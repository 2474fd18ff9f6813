-- ===== src/Store/Catalog/Merged.antt =====
-- A binding that is written stands in the table.
use mathlib.Core.Path.{◌≡◌, refl, subst}
use mathlib.Core.Logic.{inl, inr}
use mathlib.Core.Bool.{Bool, true, false}
use mathlib.Core.Option.{some}
use mathlib.Core.List.{List, [], ◌∷◌}
use Prim.Native.Nat.{ℕ}
use native.Mathlib.Omega.{arith}
use agent_key_vault_jit_acce.Prelude.Tests.{Bool-cases, and-eq-true, ◌==◌, ==→eq}
use agent_key_vault_jit_acce.Prelude.Rows.{any_row, update_rows}
use agent_key_vault_jit_acce.Prelude.Evolves.{Any, Any-insert_row}
use agent_key_vault_jit_acce.Store.Tables.{Db, Time, Request, TargetOperationBinding}
use agent_key_vault_jit_acce.Store.Action.Ensures.{
  Ensures, statement-Ensures, transaction-Ensures, bind-Ensures, guard-Ensures,
  update_grants-Ensures,
}
use agent_key_vault_jit_acce.Store.Catalog.Statements.{
  with_catalog, catalog_statement, refused, revoke_requested,
}
use agent_key_vault_jit_acce.Store.Catalog.Operations.{
  same_binding, merge_binding, upsert_binding, upsert_target_operation_binding,
}

-- A row that binds what `b` binds.
pub record IsWritten (b x : TargetOperationBinding) : Type 0 where
  pub target : x.target_id ≡ b.target_id
  pub operation : x.operation_id ≡ b.operation_id
  pub version : x.version ≡ b.version
  pub active : x.active ≡ b.active

module _ (b : TargetOperationBinding) where
  updated-IsWritten :
      (change : TargetOperationBinding → TargetOperationBinding) (bs : List TargetOperationBinding)
      → ((x : TargetOperationBinding) → same_binding b x ≡ true → IsWritten b (change x))
      → any_row (same_binding b) bs ≡ true
      → Any (IsWritten b) (update_rows (same_binding b) change bs)
  unfolding any_row update_rows
  updated-IsWritten change [] f h = cc
  updated-IsWritten change (x ∷ bs) f h = elim (Bool-cases (same_binding b x)) [
    | inl e ↦ rw (e, update_rows) (inl (f x e))
    | inr e ↦ inr (updated-IsWritten change bs f (rw (e, any_row) at h))
  ]

  merge_binding-IsWritten :
      (bs : List TargetOperationBinding) → Any (IsWritten b) (merge_binding b bs)
  unfolding merge_binding
  merge_binding-IsWritten bs = elim (Bool-cases (any_row (same_binding b) bs)) [
    | inl e ↦
        rw (e, merge_binding)
          (updated-IsWritten _ bs
            (λ x k.
              let (target, operation) = and-eq-true _ _ k in
              record {
                target = ==→eq _ _ target;
                operation = ==→eq _ _ operation;
                version = refl;
                active = refl;
              })
            e)
    | inr e ↦
        rw (e, merge_binding)
          (Any-insert_row (IsWritten b) _ bs
            (record { target = refl; operation = refl; version = refl; active = refl }))
  ]

  abbrev pub HasWritten : Db → Type 0
  HasWritten d = Any (IsWritten b) d.catalog.bindings

  upsert-HasWritten :
      (can can_not : Bool) (d : Db) (n : ℕ) (e : Db)
      → with_catalog d (elim can [
        | false ↦ some (0, d.catalog)
        | true ↦
            refused can_not (1, record d.catalog { bindings = merge_binding b d.catalog.bindings })
      ])
        ≡ some (n, e)
      → (n == 1) ≡ true
      → HasWritten e
  upsert-HasWritten false can_not d n e h k = absurd (cc)
  upsert-HasWritten true true d n e h k = absurd (cc)
  upsert-HasWritten true false d n e h k =
      let same : record d {
        catalog = record d.catalog { bindings = merge_binding b d.catalog.bindings };
      }
          ≡ e =
        cc in
      subst HasWritten same (merge_binding-IsWritten d.catalog.bindings)

  upsert_binding-HasWritten :
      (P : Db → Type 0) → Ensures P (upsert_binding b) (λ n d. (n == 1) ≡ true → HasWritten d)
  unfolding upsert_binding catalog_statement
  upsert_binding-HasWritten P = statement-Ensures _ _ _ λ d n e p h. upsert-HasWritten _ _ d n e h

  revoke_requested-HasWritten :
      (P : Db → Type 0) (test : Db → Request → Bool) (at : Time)
      → ((d : Db) → P d → HasWritten d)
      → Ensures P (revoke_requested test at) (λ n d. HasWritten d)
  unfolding revoke_requested
  revoke_requested-HasWritten P test at f = update_grants-Ensures _ _ _ _ _ f

  pub upsert_target_operation_binding-HasWritten :
      (P : Db → Type 0) → Ensures P (upsert_target_operation_binding b) (λ n d. HasWritten d)
  unfolding upsert_target_operation_binding
  upsert_target_operation_binding-HasWritten P = transaction-Ensures _ _ _ (
      bind-Ensures _ (λ n d. (n == 1) ≡ true → HasWritten d) _ _ _ (upsert_binding-HasWritten P)
        λ n.
          guard-Ensures _ _ _ _ _ λ one. revoke_requested-HasWritten _ _ _ λ d p. p (ground arith))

····················

Task brief: Word for word, set down the complete listing once more.

Solution to this problem:
repository 2474fd18ff9f6813
-- ===== src/Store/Catalog/Merged.antt =====
-- A binding that is written stands in the table.
use mathlib.Core.Path.{◌≡◌, refl, subst}
use mathlib.Core.Logic.{inl, inr}
use mathlib.Core.Bool.{Bool, true, false}
use mathlib.Core.Option.{some}
use mathlib.Core.List.{List, [], ◌∷◌}
use Prim.Native.Nat.{ℕ}
use native.Mathlib.Omega.{arith}
use agent_key_vault_jit_acce.Prelude.Tests.{Bool-cases, and-eq-true, ◌==◌, ==→eq}
use agent_key_vault_jit_acce.Prelude.Rows.{any_row, update_rows}
use agent_key_vault_jit_acce.Prelude.Evolves.{Any, Any-insert_row}
use agent_key_vault_jit_acce.Store.Tables.{Db, Time, Request, TargetOperationBinding}
use agent_key_vault_jit_acce.Store.Action.Ensures.{
  Ensures, statement-Ensures, transaction-Ensures, bind-Ensures, guard-Ensures,
  update_grants-Ensures,
}
use agent_key_vault_jit_acce.Store.Catalog.Statements.{
  with_catalog, catalog_statement, refused, revoke_requested,
}
use agent_key_vault_jit_acce.Store.Catalog.Operations.{
  same_binding, merge_binding, upsert_binding, upsert_target_operation_binding,
}

-- A row that binds what `b` binds.
pub record IsWritten (b x : TargetOperationBinding) : Type 0 where
  pub target : x.target_id ≡ b.target_id
  pub operation : x.operation_id ≡ b.operation_id
  pub version : x.version ≡ b.version
  pub active : x.active ≡ b.active

module _ (b : TargetOperationBinding) where
  updated-IsWritten :
      (change : TargetOperationBinding → TargetOperationBinding) (bs : List TargetOperationBinding)
      → ((x : TargetOperationBinding) → same_binding b x ≡ true → IsWritten b (change x))
      → any_row (same_binding b) bs ≡ true
      → Any (IsWritten b) (update_rows (same_binding b) change bs)
  unfolding any_row update_rows
  updated-IsWritten change [] f h = cc
  updated-IsWritten change (x ∷ bs) f h = elim (Bool-cases (same_binding b x)) [
    | inl e ↦ rw (e, update_rows) (inl (f x e))
    | inr e ↦ inr (updated-IsWritten change bs f (rw (e, any_row) at h))
  ]

  merge_binding-IsWritten :
      (bs : List TargetOperationBinding) → Any (IsWritten b) (merge_binding b bs)
  unfolding merge_binding
  merge_binding-IsWritten bs = elim (Bool-cases (any_row (same_binding b) bs)) [
    | inl e ↦
        rw (e, merge_binding)
          (updated-IsWritten _ bs
            (λ x k.
              let (target, operation) = and-eq-true _ _ k in
              record {
                target = ==→eq _ _ target;
                operation = ==→eq _ _ operation;
                version = refl;
                active = refl;
              })
            e)
    | inr e ↦
        rw (e, merge_binding)
          (Any-insert_row (IsWritten b) _ bs
            (record { target = refl; operation = refl; version = refl; active = refl }))
  ]

  abbrev pub HasWritten : Db → Type 0
  HasWritten d = Any (IsWritten b) d.catalog.bindings

  upsert-HasWritten :
      (can can_not : Bool) (d : Db) (n : ℕ) (e : Db)
      → with_catalog d (elim can [
        | false ↦ some (0, d.catalog)
        | true ↦
            refused can_not (1, record d.catalog { bindings = merge_binding b d.catalog.bindings })
      ])
        ≡ some (n, e)
      → (n == 1) ≡ true
      → HasWritten e
  upsert-HasWritten false can_not d n e h k = absurd (cc)
  upsert-HasWritten true true d n e h k = absurd (cc)
  upsert-HasWritten true false d n e h k =
      let same : record d {
        catalog = record d.catalog { bindings = merge_binding b d.catalog.bindings };
      }
          ≡ e =
        cc in
      subst HasWritten same (merge_binding-IsWritten d.catalog.bindings)

  upsert_binding-HasWritten :
      (P : Db → Type 0) → Ensures P (upsert_binding b) (λ n d. (n == 1) ≡ true → HasWritten d)
  unfolding upsert_binding catalog_statement
  upsert_binding-HasWritten P = statement-Ensures _ _ _ λ d n e p h. upsert-HasWritten _ _ d n e h

  revoke_requested-HasWritten :
      (P : Db → Type 0) (test : Db → Request → Bool) (at : Time)
      → ((d : Db) → P d → HasWritten d)
      → Ensures P (revoke_requested test at) (λ n d. HasWritten d)
  unfolding revoke_requested
  revoke_requested-HasWritten P test at f = update_grants-Ensures _ _ _ _ _ f

  pub upsert_target_operation_binding-HasWritten :
      (P : Db → Type 0) → Ensures P (upsert_target_operation_binding b) (λ n d. HasWritten d)
  unfolding upsert_target_operation_binding
  upsert_target_operation_binding-HasWritten P = transaction-Ensures _ _ _ (
      bind-Ensures _ (λ n d. (n == 1) ≡ true → HasWritten d) _ _ _ (upsert_binding-HasWritten P)
        λ n.
          guard-Ensures _ _ _ _ _ λ one. revoke_requested-HasWritten _ _ _ λ d p. p (ground arith))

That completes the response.